Audio Signal Processing Using Time Domain Mel-Frequency Wavelet Coefficient
Rinku Sebastian, Simon O'Keefe, Martin Trefzer
TL;DR
The paper addresses the need for time-localized, perceptually aligned features in speech processing by proposing Time-domain Mel frequency Wavelet Coefficients (TMFWC), computed without heavy time-frequency conversions. TMFWC combines Mel-scale filtering with time-domain wavelet-inspired analysis, enabling efficient feature extraction suitable for reservoir computing, which provides a lightweight, memory-capable readout paradigm. The approach reduces computational burden while maintaining discriminative power, demonstrated on Ti-46 and Audio-MNIST with reservoir ensembles, and shows competitive performance for digit and speaker recognition. This work offers a practical path toward real-time, robust audio processing by integrating perceptual Mel-scale representation with time-localized analysis in the time domain. Key contribution lies in the TMFWC construction and its effective pairing with Reservoir Computing to achieve efficiency without sacrificing accuracy, making it attractive for low-latency speech applications.
Abstract
Extracting features from the speech is the most critical process in speech signal processing.
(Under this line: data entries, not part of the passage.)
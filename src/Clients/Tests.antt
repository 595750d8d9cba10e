-- ===== src/Clients/Tests.antt =====
-- Instances of the laws of the clients' API, list and form.
use ahmed_sila.Base.{
  ℕ, ◌+◌, ◌≤◌, ◌≡◌, refl, ap, ◌∙◌, ◌++◌, ◌&&◌, Bool, any, ◌↔◌, ◌⊎◌, true, false, none, some, List,
  All, [], ◌∷◌, length, Member, arith,
}
use ahmed_sila.Text.{Text, txt, trim, includes, text_eq, is_digit}
use ahmed_sila.Text.Decimal.{show, read}
use ahmed_sila.Text.Email.{Email, is_email, is_email_iff}
use ahmed_sila.Session.{init}
use ahmed_sila.Http.{World}
use ahmed_sila.Http.Tests.{backend}
use ahmed_sila.Clients.Types.{starter, all, only, trial, Client}
use ahmed_sila.Clients.Store.{Store}
use ahmed_sila.Clients.Store.Tests.{lower, order, rodnik, one_client}
use ahmed_sila.Clients.Api.{delete_client}
use ahmed_sila.Clients.Queries.{
  count_of, count_by_status, filter_clients, create_effects, mutation_effects, delete_effects,
}
use ahmed_sila.Clients.Queries.Laws.{count_by_status-filter_clients, Member-filter_clients_iff}
use ahmed_sila.Text.Laws.{text_eq_iff}
use ahmed_sila.Clients.Keys
use ahmed_sila.Clients.Keys.{Key}
use ahmed_sila.Clients.Queries.Stale.{ByPrefix, refreshes, mutation_effects-refreshes}
use ahmed_sila.Clients.Screen.{State}
use ahmed_sila.Clients.Form.{
  Form, EmailCheck, FieldKey, name, address, owner_name, phone, email, empty_form, on_submit,
}
use ahmed_sila.Clients.Form.Laws.{IsValid, IsTakenFrom, on_submit_iff}
use ahmed_sila.Dict
use ahmed_sila.Clients.Types.{Ticket, opened, resolved}
use ahmed_sila.Clients.Store.{get_client, create, remove}
use ahmed_sila.Clients.Queries.{Effect, ticket_effects}
use ahmed_sila.Cache.{
  Options, use_tickets, use_ticket, use_client_tickets, use_journal, ticket_mutation_effects,
}
use ahmed_sila.Cache.Laws.{ticket_effects-refreshes}
use ahmed_sila.Clients.Created.{on_send_to_whats_app}
use ahmed_sila.Clients.Created.Laws.{on_submit-on_send_to_whats_app}
use ahmed_sila.Clients.Access.{Panel, panel_init, Danger, deletes, delete_disabled, can_delete}
use ahmed_sila.Clients.Demo.{demo}
use ahmed_sila.Markup.{Gesture, press, enter}
use ahmed_sila.Clients.Access.Page.{Step, steps}
use ahmed_sila.Clients.Access.Page.Laws.{steps-acts}
use ahmed_sila.Clients.Journey.{Press, submit, suspend, toggle, delete, act, acts}
use ahmed_sila.Clients.Journey.Laws.{act-keeps}
use ahmed_sila.Clients.Journey.Reasons.{Holds, acts-HasReason}

abbrev panel : World backend × Store
panel = (record { store = init; server = 0 }, one_client)

abbrev draw : ℕ → ℕ
draw k = 0

abbrev clients : List Client
clients = rodnik.client ∷ []

count_by_status-filter_clients_example :
    let k = count_by_status clients in
    (count_of (only trial) k ≡ length (filter_clients lower clients (only trial) []))
    × (k.active_clients + k.trial_clients + k.paused_clients ≡ k.all_clients)
unfolding trim
count_by_status-filter_clients_example =
    count_by_status-filter_clients lower clients (only trial) [] refl

Member-filter_clients_iff_example :
    Member (rodnik.client) (filter_clients lower clients (only trial) (txt "одн")) ↔ (
      Member (rodnik.client) clients
      × ((only trial ≡ all) ⊎ (only trial ≡ only trial))
      × ((lower (trim (txt "одн")) ≡ [])
          ⊎ (includes (lower (txt "родник")) (lower (trim (txt "одн"))) ≡ true)))
Member-filter_clients_iff_example =
    Member-filter_clients_iff lower clients (only trial) (txt "одн") (rodnik.client)

is_email_iff_example : (is_email (txt "a@rodnik.kz") ≡ true) ↔ Email (txt "a@rodnik.kz")
is_email_iff_example = is_email_iff (txt "a@rodnik.kz")

abbrev value : FieldKey → Text
value name = txt "родник "
value address = txt "Актау, ул. Жамбыла 7"
value owner_name = txt "Алия"
value phone = txt "+7 701 000 00 00"
value email = txt " a@rodnik.kz"

abbrev form : Form
form = record empty_form { values = value; plan = starter }

abbrev free : EmailCheck
free = record { data_taken = some false; is_fetching = false }

sent : (on_submit lower form free).1 ≡ some order
unfolding on_submit is_email trim read
sent = refl

on_submit_iff_example :
    ((on_submit lower form free).1 ≡ some order)
    ↔ (IsValid form free × (false ≡ false) × IsTakenFrom lower form order)
on_submit_iff_example = on_submit_iff lower form free order

abbrev searching : State
searching = record {
  status_param = some (txt "trial");
  query = txt "нет";
  page_index = 0;
  page_size = 25;
}

abbrev begins : Key → Key → Bool
begins [] k = true
begins (a ∷ f) [] = false
begins (a ∷ f) (b ∷ k) = text_eq b a && begins f k

begins-ByPrefix : ByPrefix begins
begins-ByPrefix [] k = (λ _. (k, refl), λ _. refl)
begins-ByPrefix (a ∷ f) [] = (λ e. ground (arith, e), λ (rest, q). ground (arith, q))
begins-ByPrefix (a ∷ f) (b ∷ k) = (
  λ e.
      (let (h, g) : (text_eq b a ≡ true) × (begins f k ≡ true) = ground (arith, e) in
        let (rest, q) = (begins-ByPrefix f k).0 g in
        (rest, ap (λ x. x ∷ k) ((text_eq_iff b a).0 h) ∙ ap (λ l. a ∷ l) q)),
  λ (rest, q).
      (let (h, g) : (b ≡ a) × (k ≡ f ++ rest) = ground (arith, q) in
        ground (arith, (text_eq_iff b a).1 h, (begins-ByPrefix f k).1 (rest, g))),
)

mutation_effects-refreshes_example :
    (any (refreshes begins Keys.list) mutation_effects ≡ true)
    × (any (refreshes begins (Keys.detail (txt "1"))) mutation_effects ≡ true)
    × (any (refreshes begins (Keys.journal (txt "1"))) mutation_effects ≡ true)
    × (any (refreshes begins Keys.list) (create_effects rodnik) ≡ true)
    × (any (refreshes begins (Keys.email_taken (txt "a@rodnik.kz"))) (create_effects rodnik)
        ≡ false)
    × (any (refreshes begins (Keys.detail (txt "1"))) (delete_effects (txt "1")) ≡ true)
    × (any (refreshes begins Keys.list) (delete_effects (txt "1")) ≡ true)
    × (any (refreshes begins (Keys.email_taken (txt "a@rodnik.kz"))) (delete_effects (txt "1"))
        ≡ false)
mutation_effects-refreshes_example =
    mutation_effects-refreshes begins begins-ByPrefix rodnik (txt "1") (txt "a@rodnik.kz")

ticket_effects-refreshes_example :
    let stale : Options → List Effect → Bool = λ o es. any (refreshes begins o.key) es in
    (stale use_tickets ticket_mutation_effects ≡ true)
    × (stale (use_ticket (some (txt "t-1"))) ticket_mutation_effects ≡ true)
    × (stale (use_client_tickets (txt "5")) ticket_mutation_effects ≡ false)
    × (stale (use_client_tickets (txt "5")) (ticket_effects (txt "5")) ≡ true)
    × (stale use_tickets (ticket_effects (txt "5")) ≡ false)
    × (stale (use_ticket (some (txt "t-1"))) (ticket_effects (txt "5")) ≡ false)
    × (stale use_journal mutation_effects ≡ false)
ticket_effects-refreshes_example =
    ticket_effects-refreshes begins begins-ByPrefix (txt "5") (txt "t-1")

on_submit-on_send_to_whats_app_example :
    (digits text : Text) × (on_send_to_whats_app lower lower (create show 5 draw order one_client).0
      ≡ some (txt "https://wa.me/" ++ (digits ++ (txt "?text=" ++ lower text))))
    × (11 ≤ length digits)
    × All (λ c. is_digit c ≡ true) digits
on_submit-on_send_to_whats_app_example =
    on_submit-on_send_to_whats_app lower lower lower show 5 draw form free order one_client sent

abbrev ticket : Ticket
ticket = record {
  id = txt "t1";
  client_id = txt "1";
  subject = txt "Не приходит код";
  status = opened;
  assignee = none;
  last_message_at = txt "2026-08-14T11:02:00";
  messages = [];
}

-- The list has come anew, with the ticket solved.
abbrev later : List Ticket
later = record ticket { status = resolved } ∷ []

-- A reason of white space is refused, then the client is paused, resumed and deleted.
abbrev with_reason : Text → Panel
with_reason r = record (panel_init true) { reason = r }

abbrev confirmed : Danger
confirmed = record { confirm_open = true; typed_name = txt " родник " }

abbrev presses : List (ℕ × (ℕ → ℕ) × Press)
presses =
    (10, draw, submit form free)
    ∷ (20, draw, suspend (txt "4") (with_reason (txt " ")))
    ∷ (30, draw, suspend (txt "5") (with_reason (txt "долг ")))
    ∷ (40, draw, toggle (txt "4"))
    ∷ (50, draw, delete (txt "17") false confirmed)
    ∷ []

abbrev start : World backend
start = record { store = init; server = 0 }

acts-HasReason_example :
    Holds backend lower show lower
      (acts backend lower show lower presses (start, demo lower show 0))
acts-HasReason_example = acts-HasReason backend lower show lower 0 start presses

abbrev deleting : Press
deleting = delete (txt "1") false confirmed

there : get_client (txt "1") one_client ≡ some rodnik
unfolding get_client Dict.get text_eq
there = refl

lost : get_client (txt "1") (act backend lower show lower (5, draw, deleting) panel).1 ≡ none
unfolding act get_client Dict.get text_eq deletes delete_disabled can_delete delete_client remove
    trim Dict.delete
lost = refl

act-keeps_example :
    (d : Danger) × (deleting ≡ delete (txt "1") false d) × (trim d.typed_name ≡ txt "родник")
act-keeps_example =
    act-keeps backend lower show lower 5 draw deleting panel (txt "1") rodnik there lost

-- The code of a client is issued, and a name is typed into the modal of its removal.
abbrev on_tab : Gesture → Danger → Step
on_tab g d = record {
  id = txt "1";
  now = 10;
  draw = draw;
  panel = with_reason (txt "долг");
  danger = d;
  busy = record { issuing = false; suspending = false; resuming = true; removing = false };
  gesture = g;
}

abbrev tab_steps : List Step
tab_steps = on_tab (press 9) confirmed ∷ on_tab (enter 22 (txt "родник")) confirmed ∷ []

steps-acts_example :
    (ps : List (ℕ × (ℕ → ℕ) × Press)) × (steps backend lower lower show lower tab_steps
        (start, one_client)
      ≡ acts backend lower show lower ps (start, one_client))
steps-acts_example = steps-acts backend lower show lower lower tab_steps (start, one_client)
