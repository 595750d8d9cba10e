-- ===== src/Format.antt =====
-- web/src/lib/format.ts: dates and numbers for the interface. What `Intl` prints is a parameter; the
-- Russian plural categories of `Intl.PluralRules` are written out for whole numbers.
mod Tests
pub mod Plural
pub mod Relative
pub mod RuDate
Mel Frequency Cepstral Coefficients (MFCC) are the most widely used features in the majority of the speaker and speech recognition applications, as the filtering in this feature is similar to the filtering taking place in the human ear. But the main drawback of this feature is that it provides only the frequency information of the signal but does not provide the information about at what time which frequency is present. The wavelet transform, with its flexible time-frequency window, provides time and frequency information of the signal and is an appropriate tool for the analysis of non-stationary signals like speech. On the other hand, because of its uniform frequency scaling, a typical wavelet transform may be less effective in analysing speech signals, have poorer frequency resolution in low frequencies, and be less in line with human auditory perception. Hence, it is necessary to develop a feature that incorporates the merits of both MFCC and wavelet transform. A great deal of studies are trying to combine both these features. The present Wavelet Transform based Mel-scaled feature extraction methods require more computation when a wavelet transform is applied on top of Mel-scale filtering, since it adds extra processing steps. Here we are proposing a method to extract Mel scale features in time domain combining the concept of wavelet transform, thus reducing the computational burden of time-frequency conversion and the complexity of wavelet extraction. Combining our proposed Time domain Mel frequency Wavelet Coefficient(TMFWC) technique with the reservoir computing methodology has significantly improved the efficiency of audio signal processing.